In order to solve a computer science problem, we need a set of instructions (an algorithm) that operate on certain input data and produce some output data. Data structures provide efficient storage and efficient access, and modification of data in a computer’s memory [1]. Data Structures and Algorithms are the key foundations required to solve any computer science problem efficiently. Whereas Machine Learning is a powerful medium to solve today’s problems using data, which under the hood is the consumer of data structures and algorithms. Choosing the right data structures and algorithms help make efficient use of the computer’s mem- ory and time. Modern software applications have an abundance of data and computations. And they can generally not afford latency in results. Therefore, the data structures and algorithms play an important role in modern software. For example, hash tables provide efficient data retrieval, bi- nary search is an important paradigm for searching, dynamic programming ensures that the work once done is not repeated, and divide and conquer algorithms break big problems into smaller and solvable sub-problems.

Machine Learning

Machine learning algorithms learn a mathematical representation of known data. This allows them to make predictions on unseen data without explicit rules or instructions [2]. Under the hood of machine learning algorithms lie mathematical foundations like linear algebra, probability theory, statistics and calculus. Applications of these techniques generally face the following challenges:

  1. Volume of data
  2. Variety of data eg: speech, video, text, images, etc.
  3. Low latency service: Learning and inference times.

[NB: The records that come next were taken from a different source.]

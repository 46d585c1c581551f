-- ===== src/Parser/Grammar/Whole.antt =====
-- `grammar_parse_ast` of src/parser/parser.c as a whole.
use morphl.Prelude.{
  ℕ, zero, suc, ◌+◌, ◌≤◌, ◌≡◌, refl, subst, true, Bool-cases, inl, inr, none, some, List, [], ◌∷◌,
  length, get_elem?, codes, ltb, ◌==◌, ok, arith, lt→ltb,
}
use morphl.Util.{Str}
use morphl.Util.Intern.{InternTable, interns_intern}
use morphl.Util.Intern.Ids.{next}
use morphl.Lexer.{Token}
use morphl.Parser.Operators.{Registered}
use morphl.Parser.Grammar.{
  GrammarRule, Grammar, parser_max_depth, find_rule, all_read, drop_end, starting,
}
use morphl.Parser.Grammar.Derives.{Rule}
use morphl.Parser.Grammar.Productive.{rules_productive, levels_fuel}
use morphl.Parser.Grammar.Enough.{find_rule-productive, find_rule-fuel, length-drop_end}
use morphl.Parser.Grammar.Sound.{all_read-nil}
use morphl.Parser.Grammar.Attempts.{Holds, Holds-give, Holds-give_up, Holds-if, Holds-bind, Returns}
use morphl.Parser.Grammar.Known.{Known}
use morphl.Parser.Grammar.Tree.{is_kind_of, or_fail, parse_rule_internal_ast, grammar_parse_ast}
use morphl.Parser.Grammar.Leaves.{NamesFine, Names-keep, TokensKnown, Result}
use morphl.Parser.Grammar.AtomTrees.{or_fail-Holds}
use morphl.Parser.Grammar.Trees.{MayFree, step_down}

-- A rule of the grammar has a production that may free nodes in use.
abbrev pub FreesNodes : Grammar → Type 0
FreesNodes g =
    (symbol : ℕ) × (rule : GrammarRule) × (find_rule g.rules symbol ≡ some rule) × MayFree rule

module _ (number number_float : ℕ) (Q : Str → Type 0) (F : Type 0) (g : Grammar)
    (registry : List Registered) where
  abbrev I : InternTable → Type 0
  I = NamesFine number number_float Q F

  -- A rule that may go `n` levels deep.
  Rule-levels :
      (k n fuel symbol : ℕ) (rule : GrammarRule) (bp : ℕ) (ts : List Token) (depth : ℕ)
      → rules_productive g.rules ≡ true
      → 1 ≤ k
      → find_rule g.rules symbol ≡ some rule
      → (FreesNodes g → F)
      → TokensKnown number number_float Q F ts
      → 129 ≤ depth + n
      → length ts ≤ k
      → levels_fuel k g.rules n ≤ fuel
      → Holds F I
          (Result number number_float Q F (Rule g (is_kind_of number number_float) rule bp) true ts)
          (parse_rule_internal_ast g registry fuel rule bp ts depth)
  unfolding levels_fuel parse_rule_internal_ast
  Rule-levels k zero zero symbol rule bp ts depth p some_tokens found dooms known d l f =
      absurd (omega arith)
  Rule-levels k zero (suc fuel) symbol rule bp ts depth p some_tokens found dooms known d l f =
      let deep : ltb parser_max_depth depth ≡ true = lt→ltb parser_max_depth depth (omega arith) in
      rw deep (Holds-give_up I)
  Rule-levels k (suc n) fuel symbol rule bp ts depth p some_tokens found dooms known d l f =
      step_down number number_float Q F g registry k n (levels_fuel k g.rules n)
        (λ fuel' symbol' rule' bp' ts' depth' found' known' d' l' f'.
          Rule-levels k n fuel' symbol' rule' bp' ts' depth' p some_tokens found' dooms known' d' l'
            f')
        some_tokens fuel rule bp ts depth (find_rule-productive g.rules symbol found p)
        (λ frees. dooms (symbol, rule, found, frees)) known (omega arith) l
        (omega (arith, find_rule-fuel k (levels_fuel k g.rules n) g.rules symbol found))

  drop_end-TokensKnown :
      (eof : ℕ) (ts : List Token)
      → TokensKnown number number_float Q F ts
      → TokensKnown number number_float Q F (drop_end eof ts)
  drop_end-TokensKnown eof [] known = tt
  drop_end-TokensKnown eof (t ∷ []) known = elim (Bool-cases (t.kind == eof)) [
    | inl e ↦ rw e tt
    | inr e ↦ rw e known
  ]
  drop_end-TokensKnown eof (t ∷ (next ∷ ts)) (q, known) =
      (q, drop_end-TokensKnown eof (next ∷ ts) known)

  pub all-TokensKnown :
      (ts : List Token)
      → ((i : ℕ) (t : Token) → get_elem? ts i ≡ some t → Q t.lexeme)
      → TokensKnown number number_float Q F ts
  all-TokensKnown [] h = tt
  all-TokensKnown (t ∷ ts) h = (h 0 t refl, all-TokensKnown ts (λ i u e. h (suc i) u e))

  -- The tokens, less the end token, are an expression of the start rule.
  abbrev Derived : ℕ → List Token → InternTable → Type 0
  Derived start_rule tokens names =
      (eof : ℕ) × (names' : InternTable) × (rule : GrammarRule) × (interns_intern names
          (some (codes "EOF"))
        ≡ ok (eof, names'))
      × (find_rule g.rules (starting g start_rule) ≡ some rule)
      × Rule g (is_kind_of number number_float) rule 0 (drop_end eof tokens) []

  pub whole-Holds :
      (fuel start_rule : ℕ) (tokens : List Token) (names : InternTable)
      → rules_productive g.rules ≡ true
      → (FreesNodes g → F)
      → levels_fuel (suc (length tokens)) g.rules 129 ≤ fuel
      → I names
      → TokensKnown number number_float Q F tokens
      → Returns F I
          (λ root. Derived start_rule tokens names × Known Q root)
          (grammar_parse_ast fuel g registry start_rule tokens names)
  unfolding grammar_parse_ast
  whole-Holds fuel start_rule tokens names p dooms f i known =
      elim (Bool-cases (length g.rules == 0)) [
        | inl e ↦ rw e (inr (none, names, refl, i, tt))
        | inr e ↦
            let n = next names (codes "EOF") i.fine in
            let left = drop_end n.id tokens in
            rw (e, n.runs)
              (Holds-bind I (or_fail (find_rule g.rules (starting g start_rule)))
                (or_fail-Holds I (find_rule g.rules (starting g start_rule)))
                (λ rule found.
                  Holds-bind I (parse_rule_internal_ast g registry fuel rule 0 left 0)
                    (Rule-levels (suc (length tokens)) 129 fuel (starting g start_rule) rule 0 left
                      0 p (omega arith) found dooms (drop_end-TokensKnown n.id tokens known)
                      (omega arith) (omega (arith, length-drop_end n.id tokens)) f)
                    λ (root, rest) (d, h, _, _).
                      Holds-if I (all_read rest)
                        (λ done. Holds-give I root (
                          (
                            n.id,
                            n.table,
                            rule,
                            refl,
                            found,
                            subst (Rule g (is_kind_of number number_float) rule 0 left)
                                (all_read-nil rest done) d,
                          ),
                          h,
                        ))
                        (λ _. Holds-give_up I))
                n.table (Names-keep number number_float Q F names n.table i n.fine n.keeps))
      ]

-- The text of one of the tokens.
abbrev pub IsLexeme : List Token → Str → Type 0
IsLexeme tokens s = (i : ℕ) × (t : Token) × (get_elem? tokens i ≡ some t) × (s ≡ t.lexeme)
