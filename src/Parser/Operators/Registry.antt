-- ===== src/Parser/Operators/Registry.antt =====
-- Operators of src/parser/operators.c are found by their symbols as they are by their names.
use morphl.Prelude.{
  ℕ, zero, suc, ◌<◌, ◌≡◌, refl, sym, ap, ◌∙◌, ◌⊎◌, inl, inr, false, Bool-cases, Option, none, some,
  some-injective, List, [], ◌∷◌, Bytes, bytes_eq, bytes_eq_iff, ◌==◌, ==_iff, if◌then◌else◌, ok,
  failed, arith,
}
use morphl.Util.Intern.{InternTable, interns_lookup}
use morphl.Util.Intern.Invariant.{WellFormed}
use morphl.Util.Intern.Ids.{next, Keeps}
use morphl.Parser.Operators.{
  OperatorRow, builtin_ops, Registered, register_rows, operator_registry_init, find_operator,
  operator_info_lookup,
}

-- The first row of a name.
unfoldable pub row_named : List OperatorRow → Bytes → Option OperatorRow
row_named [] name = none
row_named (r ∷ rows) name = if bytes_eq r.name name then some r else row_named rows name

-- The rows with symbols that stand for their names.
pub data Registers (t : InternTable) : List OperatorRow → List Registered → Type 0 where
  no_rows : Registers t [] []
  one_more :
      {rows : List OperatorRow} {rs : List Registered} (r : Registered)
      → 0 < r.sym
      → interns_lookup t r.sym ≡ some r.row.name
      → Registers t rows rs
      → Registers t (r.row ∷ rows) (r ∷ rs)

-- Two symbols that stand for the same string are the same.
lookup-injective :
    (t : InternTable) (i j : ℕ) (s : Bytes)
    → WellFormed t
    → interns_lookup t i ≡ some s
    → interns_lookup t j ≡ some s
    → i ≡ j
unfolding interns_lookup
lookup-injective t zero j s w h h' = cc
lookup-injective t (suc i) zero s w h h' = cc
lookup-injective t (suc i) (suc j) s w h h' = ap suc (w.distinct s i j h h')

find-row_named :
    (t : InternTable) {rows : List OperatorRow} {rs : List Registered} (op : ℕ) (s : Bytes)
    → WellFormed t
    → interns_lookup t op ≡ some s
    → Registers t rows rs
    → find_operator rs op ≡ row_named rows s
unfolding find_operator row_named
find-row_named t op s w h no_rows = refl
find-row_named t op s w h (one_more {rows = rows} {rs = rs} r positive named more) =
    elim (Bool-cases (r.sym == op)) [
      | inl same ↦
          let e = (==_iff r.sym op).0 same in
          let names : r.row.name ≡ s = some-injective (sym named ∙ ap (interns_lookup t) e ∙ h) in
          rw (same, (bytes_eq_iff r.row.name s).1 names) refl
      | inr differ ↦ elim (Bool-cases (bytes_eq r.row.name s)) [
        | inl names ↦
            let e : r.sym ≡ op =
              lookup-injective t r.sym op s w
                (named ∙ ap some ((bytes_eq_iff r.row.name s).0 names)) h in
            absurd (let same = (==_iff r.sym op).1 e in cc)
        | inr other ↦ rw (differ, other) (find-row_named t op s w h more)
      ]
    ]

-- What registering leaves of a table.
record Done (t : InternTable) (rows : List OperatorRow) : Type 0 where
  rs : List Registered
  table : InternTable
  runs : register_rows rows t ≡ ok (rs, table)
  fine : WellFormed table
  keeps : Keeps t table
  registers : Registers table rows rs

register-Done :
    (rows : List OperatorRow) (t : InternTable)
    → WellFormed t
    → Done t rows ⊎ (register_rows rows t ≡ failed)
unfolding register_rows
register-Done [] t w =
    inl (record {
      rs = [];
      table = t;
      runs = refl;
      fine = w;
      keeps = λ id x h. h;
      registers = no_rows;
    })
register-Done (r ∷ rows) t w =
    let a = next t r.name w in
    elim (Bool-cases (a.id == 0)) [
      | inl full ↦ inr (rw a.runs (rw full refl))
      | inr named ↦ elim (register-Done rows a.table a.fine) [
        | inr fails ↦ inr (rw a.runs (rw (named, fails) refl))
        | inl d ↦
            let positive : 0 < a.id = ground (arith, named) in
            inl (record {
              rs = record { row = r; sym = a.id } ∷ d.rs;
              table = d.table;
              runs = rw a.runs (rw (named, d.runs) refl);
              fine = d.fine;
              keeps = λ id x h. d.keeps id x (a.keeps id x h);
              registers =
                  one_more (record { row = r; sym = a.id }) positive
                    (d.keeps a.id r.name (a.named positive)) d.registers;
            })
      ]
    ]

-- Setting up the registry with a well-formed intern table fails for lack of room, or it gives a
-- registry in which every symbol finds the row that the operator table has for the symbol's name.
pub operator_info_lookup-registry_init :
    (t : InternTable)
    → WellFormed t
    → ((registry : List Registered) × (t' : InternTable) × (operator_registry_init t
          ≡ ok (registry, t'))
        × WellFormed t'
        × ((op : ℕ) (s : Bytes)
            → interns_lookup t' op ≡ some s
            → operator_info_lookup registry op ≡ row_named builtin_ops s))
      ⊎ (operator_registry_init t ≡ failed)
unfolding operator_registry_init operator_info_lookup interns_lookup
operator_info_lookup-registry_init t w = elim (register-Done builtin_ops t w) [
  | inr fails ↦ inr fails
  | inl d ↦ inl (d.rs, d.table, d.runs, d.fine, λ op s h. by_symbol d op s h)
]
  where
    by_symbol :
        (d : Done t builtin_ops) (op : ℕ) (s : Bytes)
        → interns_lookup d.table op ≡ some s
        → operator_info_lookup d.rs op ≡ row_named builtin_ops s
    by_symbol d zero s h = cc
    by_symbol d (suc op) s h =
        let positive : (suc op == 0) ≡ false = ground arith in
        rw positive (find-row_named d.table (suc op) s d.fine h d.registers)
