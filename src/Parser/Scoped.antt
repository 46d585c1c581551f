-- ===== src/Parser/Scoped.antt =====
-- src/parser/scoped_parser.c: the parser that reads statements with the built-in syntax or with the
-- grammar of the scope, and runs the preprocessor actions of operators; with the action of `$syntax`
-- and `unquote_literal` of src/parser/operators.c. The typing pass that `scoped_parse_ast` ends with
-- is left out, and so is what a call that fails has interned.
pub mod Actions
pub mod Syntax
pub mod Kept
use morphl.Prelude.{
  ℕ, zero, suc, ◌+◌, Bool, true, false, not, ◌&&◌, ◌||◌, Option, none, some, List, [], ◌∷◌, length,
  Bytes, bytes_eq, c_string, codes, leb, ◌==◌, if◌then◌else◌, Outcome, ok, fault, required, ◌>>=◌,
}
use morphl.Util.{Str, text}
use morphl.Util.Intern.{InternTable, interns_intern, interns_lookup}
use morphl.Ast.{
  AstKind, AstNode, Children, null, node, nil, cons, snoc, literal, group, builtin, file, kind_code,
}
use morphl.Lexer.{Token}
use morphl.Parser.Operators.{OperatorRow, Registered, operator_info_lookup}
use morphl.Parser.Builtin.{builtin_parse_expr, one_semicolon, starts_with}
use morphl.Parser.Grammar.{Grammar}
use morphl.Parser.Grammar.Build.{append}
use morphl.Parser.Grammar.Load.{Stores, grammar_load_file}
use morphl.Parser.Grammar.Productive.{grammar_fuel}
use morphl.Parser.Grammar.Text.{last_char}
use morphl.Parser.Grammar.Tree.{grammar_parse_ast}

-- `ScopedParserContext`, the top of the stack first. `none` is the entry of a scope without a grammar.
pub record ScopedParser (T : Type 0) : Type 0 where
  pub grammar_stack : List (Option Grammar)
  pub use_builtins : Bool
  pub stores : Stores
  pub type_context : T

abbrev pub is_none : Option Grammar → Bool
is_none none = true
is_none (some g) = false

-- What `use_builtins` is for a stack.
abbrev pub top_is_none : List (Option Grammar) → Bool
top_is_none [] = true
top_is_none (g ∷ gs) = is_none g

abbrev pub tail_stack : List (Option Grammar) → List (Option Grammar)
tail_stack [] = []
tail_stack (g ∷ gs) = gs

-- The text between the quotes of a literal, if it fits in the buffer.
abbrev pub between_quotes : Bytes → Option Bytes
between_quotes [] = none
between_quotes (c ∷ cs) = elim (last_char cs) [
  | none ↦ none
  | some (body, end) ↦
      if c == 34 && end == 34 && leb (length body + 1) 512 then some (c_string body) else none
]

unfoldable pub unquote_literal : AstNode → Option Bytes
unquote_literal (node literal op (some s) children) = between_quotes s
unquote_literal _ = none

-- The path of `$syntax`, if that is its only argument.
abbrev pub syntax_path : Children → Option Bytes
syntax_path (cons arg nil) = unquote_literal arg
syntax_path _ = none

abbrev pub one_brace : Bytes → Bool
one_brace (c ∷ []) = c == 125
one_brace _ = false

abbrev pub is_closing_brace : ℕ → Token → Bool
is_closing_brace symbol_kind tok = tok.kind == symbol_kind && one_brace (text tok.lexeme)

-- An optional semicolon of any kind is skipped, and one that is a symbol.
abbrev pub skip_one_semicolon : List Token → List Token
skip_one_semicolon [] = []
skip_one_semicolon (tok ∷ toks) = if one_semicolon (text tok.lexeme) then toks else tok ∷ toks

abbrev pub skip_symbol_semicolon : ℕ → List Token → List Token
skip_symbol_semicolon symbol_kind [] = []
skip_symbol_semicolon symbol_kind (tok ∷ toks) =
    if tok.kind == symbol_kind && one_semicolon (text tok.lexeme) then toks else tok ∷ toks

-- The operators whose children stand in the place of the node.
abbrev pub is_spread : InternTable → ℕ → Bool
is_spread t op =
    not (op == 0)
    && (bytes_eq (text (interns_lookup t op)) (codes "$spread")
        || bytes_eq (text (interns_lookup t op)) (codes "$$spread"))

abbrev pub spread_root : InternTable → Children → AstNode → Children
spread_root t children (node builtin op value cs) =
    if is_spread t op then append children cs else snoc children (node builtin op value cs)
spread_root t children root = snoc children root

abbrev pub kept_child : Children → Bool → AstNode → Children
kept_child children keep stmt = if keep then snoc children stmt else children

-- The root: a file, unless there is one child that is no group.
abbrev pub file_root : Children → AstNode
file_root (cons (node group op value cs) nil) = node file 0 none cs
file_root (cons c nil) = c
file_root cs = node file 0 none cs

abbrev pub with_names : {T : Type 0} → ScopedParser T → InternTable → ScopedParser T
with_names p t = record p { stores = record p.stores { names = t } }

module _ {T : Type 0} where
  abbrev pub scoped_parser_push_grammar : ScopedParser T → Option Grammar → ScopedParser T
  scoped_parser_push_grammar p g = record p {
    grammar_stack = g ∷ p.grammar_stack;
    use_builtins = is_none g;
  }

  -- Popping an empty stack fails and changes nothing.
  abbrev pub pop_entry : ScopedParser T → List (Option Grammar) → Bool × ScopedParser T
  pop_entry p [] = (false, p)
  pop_entry p (g ∷ gs) = (true, record p { grammar_stack = gs; use_builtins = top_is_none gs })

  abbrev pub scoped_parser_pop_grammar : ScopedParser T → Bool × ScopedParser T
  scoped_parser_pop_grammar p = pop_entry p p.grammar_stack

  abbrev pub scoped_parser_current_grammar : ScopedParser T → Option Grammar
  scoped_parser_current_grammar p = elim p.grammar_stack [ [] ↦ none | g ∷ gs ↦ g ]

  -- The grammar of the current scope, or of the first one.
  abbrev pub replaced : ScopedParser T → Option Grammar × Stores → Bool × ScopedParser T
  replaced p (none, s) = (false, record p { stores = s })
  replaced p (some g, s) = (
    true,
    record p {
      grammar_stack = some g ∷ tail_stack p.grammar_stack;
      use_builtins = false;
      stores = s;
    },
  )

  -- `grammar_file` is the text of the file that a path stands for in the source, if it can be read.
  module _ (grammar_file : Bytes → Option Bytes) where
    unfoldable pub scoped_parser_replace_grammar :
        ScopedParser T → Bytes → Outcome (Bool × ScopedParser T)
    scoped_parser_replace_grammar p path = elim (grammar_file path) [
      | none ↦ ok (false, p)
      | some contents ↦ grammar_load_file contents p.stores >>= λ r. ok (replaced p r)
    ]

    -- Whether the grammar could be loaded does not matter.
    unfoldable pub pp_action_syntax : Children → ScopedParser T → Outcome (ScopedParser T)
    pp_action_syntax args p = elim (syntax_path args) [
      | none ↦ ok p
      | some path ↦ scoped_parser_replace_grammar p path >>= λ r. ok r.1
    ]

    -- The other actions of the table, `$import` above all, on their row and arguments.
    module _ (registry : List Registered)
        (others : OperatorRow
          → Children
          → ScopedParser T
          → Outcome (Children × ScopedParser T)) where
      abbrev pub action :
          OperatorRow → Children → ScopedParser T → Outcome (Children × ScopedParser T)
      action row args p =
          let syntax = pp_action_syntax args p >>= λ p'. ok (args, p') in
          if bytes_eq row.name (codes "$syntax") then syntax else others row args p

      -- The action of a node whose children have been done: whether the node is kept.
      abbrev pub act_on :
          AstKind → ℕ → Str → Children → ScopedParser T → Outcome (Bool × AstNode × ScopedParser T)
      act_on kind op value cs p = elim (operator_info_lookup registry op) [
        | none ↦ ok (true, node kind op value cs, p)
        | some row ↦
            let acted = action row cs p >>= λ (cs', p').
            ok (not row.drops_node, node kind op value cs', p') in
            if kind_code kind == kind_code builtin && row.is_preprocessor
            then acted
            else ok (true, node kind op value cs, p)
      ]

      unfoldable mutual
        pub apply_preprocessor_if_any :
            AstNode → ScopedParser T → Outcome (Bool × AstNode × ScopedParser T)
        apply_preprocessor_if_any null p = ok (true, null, p)
        apply_preprocessor_if_any (node kind op value cs) p =
            apply_to_children cs p >>= λ (cs', p'). act_on kind op value cs' p'

        pub apply_to_children : Children → ScopedParser T → Outcome (Children × ScopedParser T)
        apply_to_children nil p = ok (nil, p)
        apply_to_children (cons c cs) p = apply_preprocessor_if_any c p >>= λ (keep, c', p').
            apply_to_children cs p' >>= λ (cs', p''). ok (if keep then cons c' cs' else cs', p'')

      -- A statement in the built-in syntax, with its preprocessor actions.
      unfoldable pub builtin_statement :
          List Token → Children → ScopedParser T → Outcome (Children × List Token × ScopedParser T)
      builtin_statement toks children p =
          builtin_parse_expr registry toks p.stores.names >>= λ (stmt, rest, t).
          apply_preprocessor_if_any stmt (with_names p t) >>= λ (keep, stmt', p').
          ok (kept_child children keep stmt', rest, p')

      -- The rest of the tokens, read by the grammar of the scope.
      unfoldable pub grammar_statements :
          List Token → Children → ScopedParser T → Outcome (Children × ScopedParser T)
      grammar_statements toks children p = required (scoped_parser_current_grammar p) >>= λ g.
          grammar_parse_ast (grammar_fuel g (length toks)) g registry 0 toks p.stores.names
          >>= λ (parsed, t).
              required parsed >>= λ root. ok (spread_root t children root, with_names p t)

      -- The loop of `scoped_parse_block_contents`.
      unfoldable pub parse_contents :
          ℕ → ℕ → ℕ → List Token → Children → ScopedParser T → Outcome (Children × ScopedParser T)
      parse_contents zero symbol_kind eof_kind toks children p = fault
      parse_contents (suc fuel) symbol_kind eof_kind [] children p = ok (children, p)
      parse_contents (suc fuel) symbol_kind eof_kind (tok ∷ toks) children p =
          let dollar = builtin_statement (tok ∷ toks) children p >>= λ (children', rest, p').
          parse_contents fuel symbol_kind eof_kind (skip_one_semicolon rest) children' p' in
          let statement = builtin_statement (tok ∷ toks) children p >>= λ (children', rest, p').
          parse_contents fuel symbol_kind eof_kind (skip_symbol_semicolon symbol_kind rest)
            children' p' in
          if tok.kind == eof_kind
          then ok (children, p)
          else if is_closing_brace symbol_kind tok
          then ok (children, p)
          else if p.use_builtins
          then statement
          else if starts_with 36 (text tok.lexeme)
          then dollar
          else grammar_statements (tok ∷ toks) children p

      unfoldable pub scoped_parse_block_contents :
          List Token → ScopedParser T → Outcome (Children × ScopedParser T)
      scoped_parse_block_contents toks p =
          interns_intern p.stores.names (some (codes "SYMBOL")) >>= λ (symbol_kind, t).
          interns_intern t (some (codes "EOF")) >>= λ (eof_kind, t').
          parse_contents (length toks + 1) symbol_kind eof_kind toks nil (with_names p t')

      -- `scoped_parse_ast` before its last step, which types the tree.
      unfoldable pub scoped_parse_untyped :
          List Token → ScopedParser T → Outcome (AstNode × ScopedParser T)
      scoped_parse_untyped toks p =
          scoped_parse_block_contents toks (scoped_parser_push_grammar p none) >>= λ (children, p').
          ok (file_root children, (scoped_parser_pop_grammar p').1)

We can trace the development of machine learning algorithms to at least 1954 when Farley and Clark first used computers to simulate a Hebbian network [3]. Since then, there have been many advancements in machine learning algorithms like k-NN, decision trees, support vector machines, reinforcement learning, neural networks, k-means, DBSCAN, etc. At present, ML algorithms empower modern applications like autonomous driving, face recognition, medical diagnosis, text translation, game-playing AI, etc.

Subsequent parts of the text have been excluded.